林东来凝望良久,忽然抬手,在晶球边缘轻轻一点。刹那间,一道柔和月华垂落,笼罩阿沅周身。她手中草鸟倏然活了过来,振翅飞起,在空中化作一只赤羽小雀,绕她三匝,而后停于她肩头,轻轻啄了啄她的耳垂。

阿沅怔住,随即笑了,笑容干净得如同山涧初雪。

“此线不入情劫簿册。
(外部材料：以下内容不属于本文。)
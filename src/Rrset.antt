-- ===== src/Rrset.antt =====
-- src/rrset.rs: sets of records, the unit of caching. `render` is the text that `format!` makes of the
-- type and the number of records. Time stamps are not negative.
pub mod Built
pub mod Order
mod Tests
use Prim.Native.Nat.{bit_xor}
use Prim.Native.String.{String}
use recurse_x.Prelude.{
  ℕ, ◌+◌, ◌-◌, ◌*◌, ◌%◌, ◌^◌, min, Bool, true, false, ◌&&◌, ◌||◌, Option, none, some, List, [], ◌∷◌,
  ◌++◌, map, ltb, ◌==◌, if◌then◌else◌, length,
}
use recurse_x.Error.{Result, ok, err, ◌>>=◌, ◌>>◌, fail_if, wire_error, internal_error}
use recurse_x.Wire.{to_be_bytes}
use recurse_x.Name.{Name}
use recurse_x.Name as Name
use recurse_x.Qtype.{RrType, RrClass}
use recurse_x.Rdata.{RData, Record, cname, dname, ns}
use recurse_x.Rdata.ToWire.{to_wire}
use recurse_x.Rdata.ToWire as ToWire

pub record RrSet : Type 0 where
  pub name : Name
  pub rr_type : RrType
  pub class : RrClass
  pub records : List Record
  pub rrsigs : List Record
  pub ttl : ℕ
  pub validated : Bool

unfoldable pub new : Name → RrType → RrClass → ℕ → RrSet
new name rr_type class ttl = record {
  name = name;
  rr_type = rr_type;
  class = class;
  records = [];
  rrsigs = [];
  ttl = ttl;
  validated = false;
}

unfoldable pub add_record : RrSet → Record → RrSet
add_record s r = record s { ttl = min s.ttl r.ttl; records = s.records ++ r ∷ [] }

unfoldable pub add_rrsig : RrSet → Record → RrSet
add_rrsig s r = record s { rrsigs = s.rrsigs ++ r ∷ [] }

unfoldable pub len : RrSet → ℕ
len s = length s.records

unfoldable pub is_empty : RrSet → Bool
is_empty s = length s.records == 0

unfoldable pub record_wire_without_ttl : Record → List ℕ
record_wire_without_ttl r =
    let rd = (to_wire r.rdata (record { comp = none; out = [] })).out in
    r.name.bytes
    ++ (to_be_bytes 2 r.rr_type.code
        ++ (to_be_bytes 2 r.class.code
            ++ (0 ∷ 0 ∷ 0 ∷ 0 ∷ (to_be_bytes 2 (length rd % 2 ^ 16) ++ rd))))

-- The order of byte strings, and `Vec::sort` by it.
unfoldable pub bytes_le : List ℕ → List ℕ → Bool
bytes_le [] ys = true
bytes_le (x ∷ xs) [] = false
bytes_le (x ∷ xs) (y ∷ ys) = ltb x y || ((x == y) && bytes_le xs ys)

unfoldable pub insert_item : List ℕ → List (List ℕ) → List (List ℕ)
insert_item item [] = item ∷ []
insert_item item (other ∷ items) =
    let rest = insert_item item items in
    if bytes_le item other then item ∷ other ∷ items else other ∷ rest

unfoldable pub sort_items : List (List ℕ) → List (List ℕ)
sort_items [] = []
sort_items (item ∷ items) = insert_item item (sort_items items)

-- src/prng.rs, `fnv1a_combine`
unfoldable pub fnv1a_combine : ℕ → List ℕ → ℕ
fnv1a_combine h [] = h
fnv1a_combine h (b ∷ bytes) = fnv1a_combine (bit_xor h b * 0x100000001b3 % 2 ^ 64) bytes

unfoldable pub combine_all : ℕ → List (List ℕ) → ℕ
combine_all acc [] = acc
combine_all acc (item ∷ items) = combine_all (fnv1a_combine acc item) items

unfoldable pub fingerprint : RrSet → ℕ
fingerprint s = combine_all 0xcbf29ce484222325 (sort_items (map record_wire_without_ttl s.records))

unfoldable pub same_data : RrSet → RrSet → Bool
same_data s t = (length s.records == length t.records) && (fingerprint s == fingerprint t)

-- `i128::saturating_add`
unfoldable pub expires_at : RrSet → ℕ → ℕ
expires_at s now = min (now + s.ttl * 1000000000) (2 ^ 127 - 1)

unfoldable pub cname_target : List Record → Option Name
cname_target [] = none
cname_target (r ∷ records) =
    let rest = cname_target records in elim r.rdata [ cname n ↦ some n | _ ↦ rest ]

unfoldable pub dname_target : List Record → Option Name
dname_target [] = none
dname_target (r ∷ records) =
    let rest = dname_target records in elim r.rdata [ dname n ↦ some n | _ ↦ rest ]

unfoldable pub ns_names : List Record → List Name
ns_names [] = []
ns_names (r ∷ records) = let rest = ns_names records in elim r.rdata [ ns n ↦ n ∷ rest | _ ↦ rest ]

-- The loop of `from_records`: the least TTL, and the records with the signatures apart.
pub record Gathered : Type 0 where
  pub least : ℕ
  pub data_records : List Record
  pub signatures : List Record

unfoldable pub gather : ℕ → List Record → Gathered
gather ttl [] = record { least = ttl; data_records = []; signatures = [] }
gather ttl (r ∷ records) =
    let rest = gather (min ttl r.ttl) records in
    if r.rr_type.code == 46
    then record rest { signatures = r ∷ rest.signatures }
    else record rest { data_records = r ∷ rest.data_records }

abbrev pub u32_max : ℕ
u32_max = 0xffffffff

-- The types whose sets have one record.
unfoldable pub is_single : RrType → Bool
is_single t = (t.code == 5) || (t.code == 39)

module _ (render : RrType → ℕ → String) where
  unfoldable pub from_records : List Record → ℕ → Result RrSet
  from_records [] max_ttl_cap = err (internal_error "empty RRset construction")
  from_records (first ∷ records) max_ttl_cap =
      let g = gather u32_max (first ∷ records) in
      let ttl = if g.least == u32_max then 0 else g.least in
      (do
        fail_if (is_single first.rr_type && ltb 1 (length g.data_records))
            (wire_error (render first.rr_type (length g.data_records)))
        ok (record {
          name = first.name;
          rr_type = first.rr_type;
          class = first.class;
          records = g.data_records;
          rrsigs = g.signatures;
          ttl = min ttl max_ttl_cap;
          validated = false;
        }))

-- The records' share of the estimate.
unfoldable pub record_bytes : List Record → ℕ
record_bytes [] = 0
record_bytes (r ∷ records) =
    Name.wire_len r.name + 40 + ToWire.wire_len r.rdata + record_bytes records

unfoldable pub estimated_bytes : RrSet → ℕ
estimated_bytes s = Name.wire_len s.name + 24 + record_bytes s.records + record_bytes s.rrsigs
”林东来轻声道,“因其未生情劫,故不需渡劫。此乃‘情之本初’,无染无垢,亦无挂碍。地仙道天,当为此等纯粹之情,专设一格——‘赤诚格’。凡具此格者,其灵田所种灵植,无需额外滋养,自生灵韵;其居所方圆百里,瘴疠自退,毒虫远遁;其心念所至,枯木可荣,顽石生苔。”

此令一出,地仙道天金册自动翻页,一页空白之上,浮现出朱砂所绘的赤羽雀图腾,图腾下方,一行小字徐徐显化:“赤诚者,情之根,道之基,天地所钟,不劫不磨,唯养唯润。”

与此同时,大椿道主所居的建木之巅,一片巨大梧桐叶无声飘落。叶脉之中,竟渗出一滴墨色汁液,落地即化为烟,烟中隐约传出一声极轻的叹息,似无奈,似赞许,又似……一丝久违的松动。

林东来抬头望天,云海翻涌,月轮清辉愈盛。他袖中那盏照心焰,焰心悄然多出一点金芒,如星火初燃,不灼人,却恒久不熄。

水月洞天深处,一株新栽的“同心莲”正悄然抽芽。莲瓣未绽,叶脉却已泛起淡淡银光,光中隐隐可见无数细线交织成网——那是尚未落地的情丝,是正在酝酿的悲欢,是即将开始的离合,也是,这方天地重新学会呼吸的第一口长气。

而就在所有人目光聚焦于月宫、聚焦于情劫、聚焦于那株同心莲之时,无人察觉,东海归墟最底层,一块被遗忘万年的玄铁碑上,一行几乎磨平的古篆正缓缓渗出幽蓝血光:

【地仙种田,非耕灵壤,实耕人心。心田荒芜,则灵根自朽;心田丰稔,则天地同春。】

血光一闪即隐,碑面复归死寂。唯有远处,一尾银鳞小鱼摆尾游过,鱼尾扫起的涟漪,恰好荡开了水面倒映的月影——那影子里,没有七色夫人,没有照影镜,没有情劫簿册,只有一片澄澈,如初生,如未染,如……大道本来面目。